• **Exercise data**
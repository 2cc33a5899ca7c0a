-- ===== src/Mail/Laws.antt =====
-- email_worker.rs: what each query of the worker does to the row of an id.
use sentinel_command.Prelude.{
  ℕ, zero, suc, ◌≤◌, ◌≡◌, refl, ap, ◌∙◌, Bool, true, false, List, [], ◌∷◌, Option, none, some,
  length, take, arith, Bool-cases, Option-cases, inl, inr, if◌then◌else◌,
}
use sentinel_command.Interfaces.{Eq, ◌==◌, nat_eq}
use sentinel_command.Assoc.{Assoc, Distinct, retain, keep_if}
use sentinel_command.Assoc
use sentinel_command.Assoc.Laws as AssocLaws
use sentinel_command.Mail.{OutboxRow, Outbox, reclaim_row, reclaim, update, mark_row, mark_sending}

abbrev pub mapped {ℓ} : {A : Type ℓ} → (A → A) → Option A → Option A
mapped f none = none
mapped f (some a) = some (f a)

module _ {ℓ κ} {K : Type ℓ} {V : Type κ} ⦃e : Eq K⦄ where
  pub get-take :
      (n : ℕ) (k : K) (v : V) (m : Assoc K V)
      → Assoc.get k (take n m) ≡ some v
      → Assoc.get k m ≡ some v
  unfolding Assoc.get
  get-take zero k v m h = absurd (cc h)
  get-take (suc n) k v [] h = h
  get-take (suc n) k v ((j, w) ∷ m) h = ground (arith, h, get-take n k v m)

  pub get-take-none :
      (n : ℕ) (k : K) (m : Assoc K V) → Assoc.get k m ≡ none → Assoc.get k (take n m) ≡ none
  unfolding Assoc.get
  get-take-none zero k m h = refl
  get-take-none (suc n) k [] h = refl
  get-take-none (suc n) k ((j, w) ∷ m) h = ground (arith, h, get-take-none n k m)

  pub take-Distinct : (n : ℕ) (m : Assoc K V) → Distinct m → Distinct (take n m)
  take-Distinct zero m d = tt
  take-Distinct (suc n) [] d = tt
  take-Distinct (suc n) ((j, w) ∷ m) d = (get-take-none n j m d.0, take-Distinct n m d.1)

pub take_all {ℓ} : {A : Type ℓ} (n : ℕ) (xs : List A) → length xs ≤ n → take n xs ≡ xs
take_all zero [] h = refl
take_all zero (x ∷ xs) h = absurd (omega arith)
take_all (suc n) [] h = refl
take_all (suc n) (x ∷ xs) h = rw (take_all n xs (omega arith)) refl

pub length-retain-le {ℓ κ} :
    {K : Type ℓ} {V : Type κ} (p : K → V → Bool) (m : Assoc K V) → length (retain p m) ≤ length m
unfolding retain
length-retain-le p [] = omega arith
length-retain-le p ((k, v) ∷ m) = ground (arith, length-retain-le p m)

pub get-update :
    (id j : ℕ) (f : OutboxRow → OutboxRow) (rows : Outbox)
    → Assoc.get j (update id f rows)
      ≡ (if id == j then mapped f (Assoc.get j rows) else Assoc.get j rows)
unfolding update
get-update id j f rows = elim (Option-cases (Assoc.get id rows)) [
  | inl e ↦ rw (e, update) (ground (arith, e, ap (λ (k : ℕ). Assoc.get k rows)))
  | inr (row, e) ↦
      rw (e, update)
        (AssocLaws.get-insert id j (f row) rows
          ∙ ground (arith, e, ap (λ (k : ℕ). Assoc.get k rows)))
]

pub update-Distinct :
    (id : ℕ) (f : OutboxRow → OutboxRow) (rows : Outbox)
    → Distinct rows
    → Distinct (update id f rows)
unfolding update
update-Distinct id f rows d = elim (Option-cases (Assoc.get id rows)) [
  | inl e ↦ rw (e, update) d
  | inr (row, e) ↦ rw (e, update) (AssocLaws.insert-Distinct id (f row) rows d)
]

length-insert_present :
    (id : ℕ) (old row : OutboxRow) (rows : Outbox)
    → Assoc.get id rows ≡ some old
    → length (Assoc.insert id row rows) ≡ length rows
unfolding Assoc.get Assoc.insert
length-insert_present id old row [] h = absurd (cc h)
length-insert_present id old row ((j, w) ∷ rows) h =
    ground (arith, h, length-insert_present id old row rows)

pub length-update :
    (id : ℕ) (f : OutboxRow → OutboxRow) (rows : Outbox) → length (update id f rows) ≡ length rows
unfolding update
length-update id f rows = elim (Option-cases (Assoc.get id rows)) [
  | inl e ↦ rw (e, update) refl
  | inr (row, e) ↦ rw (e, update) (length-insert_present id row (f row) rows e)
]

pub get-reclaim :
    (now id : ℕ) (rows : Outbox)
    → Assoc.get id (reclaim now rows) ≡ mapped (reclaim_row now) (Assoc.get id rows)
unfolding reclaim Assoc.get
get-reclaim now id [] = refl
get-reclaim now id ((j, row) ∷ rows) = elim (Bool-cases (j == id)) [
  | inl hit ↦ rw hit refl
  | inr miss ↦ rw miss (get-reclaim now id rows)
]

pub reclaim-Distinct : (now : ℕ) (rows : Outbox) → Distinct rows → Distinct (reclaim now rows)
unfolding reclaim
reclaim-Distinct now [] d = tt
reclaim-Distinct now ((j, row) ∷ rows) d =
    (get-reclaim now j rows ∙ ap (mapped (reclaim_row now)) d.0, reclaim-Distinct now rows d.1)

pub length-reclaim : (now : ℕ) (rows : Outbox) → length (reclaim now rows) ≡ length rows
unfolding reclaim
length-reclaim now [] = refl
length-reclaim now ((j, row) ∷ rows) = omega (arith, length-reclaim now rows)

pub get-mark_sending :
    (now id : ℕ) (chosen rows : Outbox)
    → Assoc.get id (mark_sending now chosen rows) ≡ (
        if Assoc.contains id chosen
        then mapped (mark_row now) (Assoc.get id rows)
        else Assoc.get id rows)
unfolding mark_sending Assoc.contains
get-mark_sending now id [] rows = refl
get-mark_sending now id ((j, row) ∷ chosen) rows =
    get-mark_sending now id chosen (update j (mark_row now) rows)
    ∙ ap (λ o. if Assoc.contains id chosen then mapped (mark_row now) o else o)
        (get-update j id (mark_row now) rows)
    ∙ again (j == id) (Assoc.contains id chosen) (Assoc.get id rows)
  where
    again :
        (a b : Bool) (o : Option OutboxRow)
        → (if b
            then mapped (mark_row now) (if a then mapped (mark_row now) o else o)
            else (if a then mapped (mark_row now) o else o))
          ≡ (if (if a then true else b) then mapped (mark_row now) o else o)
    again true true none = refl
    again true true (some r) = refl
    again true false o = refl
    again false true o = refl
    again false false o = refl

--

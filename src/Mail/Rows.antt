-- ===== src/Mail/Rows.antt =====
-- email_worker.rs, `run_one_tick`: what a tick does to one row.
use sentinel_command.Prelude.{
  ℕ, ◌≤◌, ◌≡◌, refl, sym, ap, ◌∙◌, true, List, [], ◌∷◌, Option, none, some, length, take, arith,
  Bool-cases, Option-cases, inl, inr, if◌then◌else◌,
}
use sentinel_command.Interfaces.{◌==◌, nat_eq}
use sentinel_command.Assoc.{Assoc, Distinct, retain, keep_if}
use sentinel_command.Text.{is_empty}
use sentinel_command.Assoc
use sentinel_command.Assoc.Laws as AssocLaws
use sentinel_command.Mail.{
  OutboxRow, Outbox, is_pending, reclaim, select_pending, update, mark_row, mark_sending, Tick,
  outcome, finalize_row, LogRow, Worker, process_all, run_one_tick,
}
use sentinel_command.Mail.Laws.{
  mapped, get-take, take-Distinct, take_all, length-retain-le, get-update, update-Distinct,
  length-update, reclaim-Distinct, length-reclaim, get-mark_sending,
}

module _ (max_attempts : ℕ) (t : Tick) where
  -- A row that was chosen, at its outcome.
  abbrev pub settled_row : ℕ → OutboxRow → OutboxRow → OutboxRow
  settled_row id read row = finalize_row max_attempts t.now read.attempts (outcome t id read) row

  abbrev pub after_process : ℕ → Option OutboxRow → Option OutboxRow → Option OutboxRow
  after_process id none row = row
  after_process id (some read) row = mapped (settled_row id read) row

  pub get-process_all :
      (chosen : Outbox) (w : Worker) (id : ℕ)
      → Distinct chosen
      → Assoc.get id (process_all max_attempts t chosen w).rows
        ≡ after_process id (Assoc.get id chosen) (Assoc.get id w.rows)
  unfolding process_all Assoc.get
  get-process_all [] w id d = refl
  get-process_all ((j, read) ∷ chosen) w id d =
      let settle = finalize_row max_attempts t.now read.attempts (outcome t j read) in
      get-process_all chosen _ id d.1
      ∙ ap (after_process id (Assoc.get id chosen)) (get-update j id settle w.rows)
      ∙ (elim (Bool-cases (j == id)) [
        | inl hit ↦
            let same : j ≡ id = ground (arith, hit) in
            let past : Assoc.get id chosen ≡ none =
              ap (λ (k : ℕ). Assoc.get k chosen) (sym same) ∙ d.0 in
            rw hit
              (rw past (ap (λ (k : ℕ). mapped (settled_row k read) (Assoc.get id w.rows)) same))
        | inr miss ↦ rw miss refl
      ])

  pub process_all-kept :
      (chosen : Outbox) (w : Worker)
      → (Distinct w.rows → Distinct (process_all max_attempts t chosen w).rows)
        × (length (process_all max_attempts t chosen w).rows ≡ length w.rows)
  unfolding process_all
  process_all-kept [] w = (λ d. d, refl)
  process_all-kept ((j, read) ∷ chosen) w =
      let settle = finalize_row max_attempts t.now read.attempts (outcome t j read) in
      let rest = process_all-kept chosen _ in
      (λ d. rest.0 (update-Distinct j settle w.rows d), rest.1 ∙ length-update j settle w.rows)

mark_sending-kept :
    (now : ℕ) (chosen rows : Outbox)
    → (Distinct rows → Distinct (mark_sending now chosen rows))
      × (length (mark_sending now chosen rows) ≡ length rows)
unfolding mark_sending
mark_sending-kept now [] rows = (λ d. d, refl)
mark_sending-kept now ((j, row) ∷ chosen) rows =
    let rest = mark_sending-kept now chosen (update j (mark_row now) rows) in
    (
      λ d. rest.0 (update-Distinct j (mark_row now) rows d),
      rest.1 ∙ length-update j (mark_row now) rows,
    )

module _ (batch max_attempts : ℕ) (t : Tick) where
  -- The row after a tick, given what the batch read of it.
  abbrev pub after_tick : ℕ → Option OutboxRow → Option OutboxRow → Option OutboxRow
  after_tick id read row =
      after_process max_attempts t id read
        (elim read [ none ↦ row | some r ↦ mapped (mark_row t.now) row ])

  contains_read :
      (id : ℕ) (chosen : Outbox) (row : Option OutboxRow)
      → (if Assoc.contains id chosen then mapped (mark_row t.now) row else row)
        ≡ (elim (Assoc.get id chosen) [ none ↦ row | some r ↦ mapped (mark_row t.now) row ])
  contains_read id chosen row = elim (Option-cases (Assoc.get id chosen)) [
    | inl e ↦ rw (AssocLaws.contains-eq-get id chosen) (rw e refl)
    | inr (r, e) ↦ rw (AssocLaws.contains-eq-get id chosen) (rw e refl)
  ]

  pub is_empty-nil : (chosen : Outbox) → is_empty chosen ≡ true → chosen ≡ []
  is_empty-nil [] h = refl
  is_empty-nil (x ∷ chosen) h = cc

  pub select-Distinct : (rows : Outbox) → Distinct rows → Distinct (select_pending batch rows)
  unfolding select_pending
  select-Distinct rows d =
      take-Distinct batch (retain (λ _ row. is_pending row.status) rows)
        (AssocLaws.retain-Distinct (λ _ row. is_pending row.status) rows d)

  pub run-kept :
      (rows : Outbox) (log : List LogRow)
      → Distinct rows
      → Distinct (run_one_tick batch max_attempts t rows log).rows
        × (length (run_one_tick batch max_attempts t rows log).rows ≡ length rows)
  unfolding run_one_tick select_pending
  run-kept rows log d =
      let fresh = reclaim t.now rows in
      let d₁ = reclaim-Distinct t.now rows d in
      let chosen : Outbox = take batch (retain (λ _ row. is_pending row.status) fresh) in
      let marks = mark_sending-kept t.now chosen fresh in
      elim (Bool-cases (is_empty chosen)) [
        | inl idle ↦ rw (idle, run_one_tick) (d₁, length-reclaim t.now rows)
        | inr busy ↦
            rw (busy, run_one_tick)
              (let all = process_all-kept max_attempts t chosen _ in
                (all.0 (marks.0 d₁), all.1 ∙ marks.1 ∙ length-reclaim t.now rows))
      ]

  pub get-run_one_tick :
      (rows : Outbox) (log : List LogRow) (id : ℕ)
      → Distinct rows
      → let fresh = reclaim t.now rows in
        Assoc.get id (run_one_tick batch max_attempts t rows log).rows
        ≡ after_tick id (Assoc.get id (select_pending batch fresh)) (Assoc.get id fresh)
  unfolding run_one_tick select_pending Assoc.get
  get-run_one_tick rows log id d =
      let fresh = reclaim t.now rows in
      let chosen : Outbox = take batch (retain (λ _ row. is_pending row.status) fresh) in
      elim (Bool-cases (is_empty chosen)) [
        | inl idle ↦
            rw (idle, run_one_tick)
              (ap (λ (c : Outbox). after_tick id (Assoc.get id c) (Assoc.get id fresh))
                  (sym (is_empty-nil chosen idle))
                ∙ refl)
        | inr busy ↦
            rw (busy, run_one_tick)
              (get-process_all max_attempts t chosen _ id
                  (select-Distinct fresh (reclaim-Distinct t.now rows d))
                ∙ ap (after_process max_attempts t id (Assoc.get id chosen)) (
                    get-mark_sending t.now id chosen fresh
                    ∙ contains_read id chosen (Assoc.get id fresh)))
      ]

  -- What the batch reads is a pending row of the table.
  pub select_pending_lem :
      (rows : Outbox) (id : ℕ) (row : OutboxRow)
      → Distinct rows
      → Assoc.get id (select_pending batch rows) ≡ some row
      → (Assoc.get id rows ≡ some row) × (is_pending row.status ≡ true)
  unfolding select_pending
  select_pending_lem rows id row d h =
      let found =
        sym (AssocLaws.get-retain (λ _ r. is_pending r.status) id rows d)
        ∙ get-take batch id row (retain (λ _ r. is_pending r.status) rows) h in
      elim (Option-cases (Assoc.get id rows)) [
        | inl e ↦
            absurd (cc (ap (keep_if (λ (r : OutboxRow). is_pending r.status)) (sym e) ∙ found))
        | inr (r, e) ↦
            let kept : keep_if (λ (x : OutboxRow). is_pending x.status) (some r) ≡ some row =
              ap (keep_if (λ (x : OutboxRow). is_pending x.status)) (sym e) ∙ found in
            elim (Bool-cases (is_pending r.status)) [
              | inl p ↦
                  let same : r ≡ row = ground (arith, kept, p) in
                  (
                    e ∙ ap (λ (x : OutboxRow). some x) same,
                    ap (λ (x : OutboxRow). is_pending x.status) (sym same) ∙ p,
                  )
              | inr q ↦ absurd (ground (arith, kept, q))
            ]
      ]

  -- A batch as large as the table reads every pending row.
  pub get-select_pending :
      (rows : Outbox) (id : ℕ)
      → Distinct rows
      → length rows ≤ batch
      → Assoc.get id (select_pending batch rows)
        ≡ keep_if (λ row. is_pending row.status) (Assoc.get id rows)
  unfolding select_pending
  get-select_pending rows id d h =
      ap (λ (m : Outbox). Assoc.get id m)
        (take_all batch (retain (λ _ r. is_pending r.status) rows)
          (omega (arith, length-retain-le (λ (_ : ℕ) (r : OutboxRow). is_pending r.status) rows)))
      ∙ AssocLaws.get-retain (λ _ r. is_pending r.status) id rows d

--

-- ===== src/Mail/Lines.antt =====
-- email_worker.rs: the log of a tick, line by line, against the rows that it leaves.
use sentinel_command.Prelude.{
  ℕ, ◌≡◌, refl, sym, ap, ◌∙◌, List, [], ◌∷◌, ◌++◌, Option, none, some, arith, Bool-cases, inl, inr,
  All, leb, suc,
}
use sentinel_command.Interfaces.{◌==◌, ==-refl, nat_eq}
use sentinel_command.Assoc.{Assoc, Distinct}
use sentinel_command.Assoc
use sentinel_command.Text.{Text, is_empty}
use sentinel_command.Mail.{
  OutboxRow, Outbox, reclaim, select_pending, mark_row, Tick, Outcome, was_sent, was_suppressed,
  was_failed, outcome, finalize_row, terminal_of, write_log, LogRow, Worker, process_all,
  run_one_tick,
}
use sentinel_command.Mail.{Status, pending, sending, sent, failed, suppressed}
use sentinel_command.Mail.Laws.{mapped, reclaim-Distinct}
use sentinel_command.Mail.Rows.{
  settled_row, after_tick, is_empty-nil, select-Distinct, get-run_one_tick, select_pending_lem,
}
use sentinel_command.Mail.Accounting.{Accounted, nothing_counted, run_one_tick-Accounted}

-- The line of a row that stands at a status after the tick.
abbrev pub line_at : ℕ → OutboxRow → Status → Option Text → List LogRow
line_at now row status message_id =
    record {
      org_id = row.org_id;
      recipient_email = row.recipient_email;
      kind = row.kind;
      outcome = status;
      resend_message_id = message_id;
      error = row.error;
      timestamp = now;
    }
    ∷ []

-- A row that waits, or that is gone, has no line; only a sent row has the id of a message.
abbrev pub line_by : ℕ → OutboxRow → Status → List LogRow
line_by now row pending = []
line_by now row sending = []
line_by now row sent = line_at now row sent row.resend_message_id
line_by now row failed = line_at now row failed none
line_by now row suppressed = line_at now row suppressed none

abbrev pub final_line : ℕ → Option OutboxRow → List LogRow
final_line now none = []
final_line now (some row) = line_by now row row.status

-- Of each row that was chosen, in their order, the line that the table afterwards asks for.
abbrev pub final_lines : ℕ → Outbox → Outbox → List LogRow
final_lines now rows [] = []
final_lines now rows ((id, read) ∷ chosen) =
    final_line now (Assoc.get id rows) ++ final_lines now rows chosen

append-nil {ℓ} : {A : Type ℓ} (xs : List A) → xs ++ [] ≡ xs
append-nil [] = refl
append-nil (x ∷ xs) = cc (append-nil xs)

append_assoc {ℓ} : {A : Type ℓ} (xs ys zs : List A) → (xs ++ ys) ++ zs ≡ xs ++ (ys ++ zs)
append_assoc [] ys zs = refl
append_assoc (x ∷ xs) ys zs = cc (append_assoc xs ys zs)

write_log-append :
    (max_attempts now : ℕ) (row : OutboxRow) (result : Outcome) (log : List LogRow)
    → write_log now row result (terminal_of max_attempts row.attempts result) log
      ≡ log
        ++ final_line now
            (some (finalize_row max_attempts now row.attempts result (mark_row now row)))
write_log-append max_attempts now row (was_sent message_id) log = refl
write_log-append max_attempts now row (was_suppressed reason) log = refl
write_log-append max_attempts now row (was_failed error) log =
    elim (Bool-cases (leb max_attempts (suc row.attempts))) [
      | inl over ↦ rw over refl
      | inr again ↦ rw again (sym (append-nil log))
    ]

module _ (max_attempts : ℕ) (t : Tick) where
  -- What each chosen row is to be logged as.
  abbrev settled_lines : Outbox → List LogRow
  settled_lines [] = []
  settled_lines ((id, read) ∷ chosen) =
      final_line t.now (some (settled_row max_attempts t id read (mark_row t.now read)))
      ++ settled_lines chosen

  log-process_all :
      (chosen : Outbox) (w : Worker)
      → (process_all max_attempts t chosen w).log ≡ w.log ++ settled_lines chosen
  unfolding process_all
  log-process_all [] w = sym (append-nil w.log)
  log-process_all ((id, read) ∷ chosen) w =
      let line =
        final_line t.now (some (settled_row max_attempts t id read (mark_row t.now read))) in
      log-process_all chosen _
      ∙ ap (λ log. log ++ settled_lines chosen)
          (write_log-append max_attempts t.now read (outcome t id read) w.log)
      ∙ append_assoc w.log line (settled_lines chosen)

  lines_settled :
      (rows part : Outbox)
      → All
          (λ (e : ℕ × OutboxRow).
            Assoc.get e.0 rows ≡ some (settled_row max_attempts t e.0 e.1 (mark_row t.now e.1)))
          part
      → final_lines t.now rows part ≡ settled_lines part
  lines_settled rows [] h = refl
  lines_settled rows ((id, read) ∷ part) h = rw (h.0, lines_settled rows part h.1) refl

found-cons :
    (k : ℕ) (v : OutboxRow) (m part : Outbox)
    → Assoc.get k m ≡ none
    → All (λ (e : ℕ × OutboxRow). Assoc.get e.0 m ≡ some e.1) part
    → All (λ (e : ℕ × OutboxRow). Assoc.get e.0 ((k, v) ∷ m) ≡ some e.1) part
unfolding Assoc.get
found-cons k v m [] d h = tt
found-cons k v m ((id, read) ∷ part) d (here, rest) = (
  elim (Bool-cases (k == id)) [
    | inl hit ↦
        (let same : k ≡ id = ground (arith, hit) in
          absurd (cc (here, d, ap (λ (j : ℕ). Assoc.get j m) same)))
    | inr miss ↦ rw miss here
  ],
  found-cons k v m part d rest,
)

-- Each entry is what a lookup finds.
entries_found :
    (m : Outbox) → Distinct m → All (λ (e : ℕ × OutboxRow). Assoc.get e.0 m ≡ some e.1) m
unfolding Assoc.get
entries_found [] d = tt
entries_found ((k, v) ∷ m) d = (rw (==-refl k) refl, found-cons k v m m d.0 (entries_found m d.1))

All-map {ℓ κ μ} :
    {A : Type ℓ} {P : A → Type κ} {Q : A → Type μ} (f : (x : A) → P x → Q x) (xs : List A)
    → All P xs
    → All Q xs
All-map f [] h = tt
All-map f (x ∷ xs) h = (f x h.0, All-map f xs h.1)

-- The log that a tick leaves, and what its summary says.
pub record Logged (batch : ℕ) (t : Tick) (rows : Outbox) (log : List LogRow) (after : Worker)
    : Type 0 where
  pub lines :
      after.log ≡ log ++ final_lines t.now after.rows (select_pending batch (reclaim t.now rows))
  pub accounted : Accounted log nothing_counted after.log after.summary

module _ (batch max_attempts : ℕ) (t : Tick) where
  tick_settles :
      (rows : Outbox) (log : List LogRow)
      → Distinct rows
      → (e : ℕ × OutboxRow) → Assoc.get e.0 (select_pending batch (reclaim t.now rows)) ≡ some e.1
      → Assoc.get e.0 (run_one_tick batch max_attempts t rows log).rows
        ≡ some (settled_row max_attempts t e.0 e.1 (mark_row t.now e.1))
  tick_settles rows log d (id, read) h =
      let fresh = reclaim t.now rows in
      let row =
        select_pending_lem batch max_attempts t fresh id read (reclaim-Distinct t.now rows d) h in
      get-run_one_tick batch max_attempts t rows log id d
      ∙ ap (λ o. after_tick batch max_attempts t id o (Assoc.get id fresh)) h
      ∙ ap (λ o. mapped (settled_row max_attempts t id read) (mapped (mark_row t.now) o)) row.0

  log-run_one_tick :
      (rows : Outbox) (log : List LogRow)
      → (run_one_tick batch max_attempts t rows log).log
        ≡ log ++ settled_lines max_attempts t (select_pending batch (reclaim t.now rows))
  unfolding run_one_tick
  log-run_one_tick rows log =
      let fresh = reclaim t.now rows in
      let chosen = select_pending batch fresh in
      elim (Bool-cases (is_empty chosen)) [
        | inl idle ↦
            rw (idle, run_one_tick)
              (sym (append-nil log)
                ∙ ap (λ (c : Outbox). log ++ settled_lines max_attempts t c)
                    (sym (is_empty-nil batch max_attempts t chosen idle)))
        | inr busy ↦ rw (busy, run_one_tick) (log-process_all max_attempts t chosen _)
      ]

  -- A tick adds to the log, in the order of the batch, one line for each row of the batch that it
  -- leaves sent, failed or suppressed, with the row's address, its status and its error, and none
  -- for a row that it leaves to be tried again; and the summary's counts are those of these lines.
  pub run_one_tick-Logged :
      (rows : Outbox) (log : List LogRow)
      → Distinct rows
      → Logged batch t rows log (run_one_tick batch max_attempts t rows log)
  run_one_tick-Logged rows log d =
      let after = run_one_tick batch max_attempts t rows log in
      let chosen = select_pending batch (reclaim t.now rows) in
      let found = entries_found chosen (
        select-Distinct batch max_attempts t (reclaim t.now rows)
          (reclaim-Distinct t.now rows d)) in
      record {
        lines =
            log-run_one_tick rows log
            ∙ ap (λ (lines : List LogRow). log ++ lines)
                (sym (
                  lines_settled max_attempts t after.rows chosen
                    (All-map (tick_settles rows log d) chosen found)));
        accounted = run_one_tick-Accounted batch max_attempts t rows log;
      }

• **Problem details**
Count every line of the data in which the word "Text" appears, and report only the total.

• **Exercise solution**
3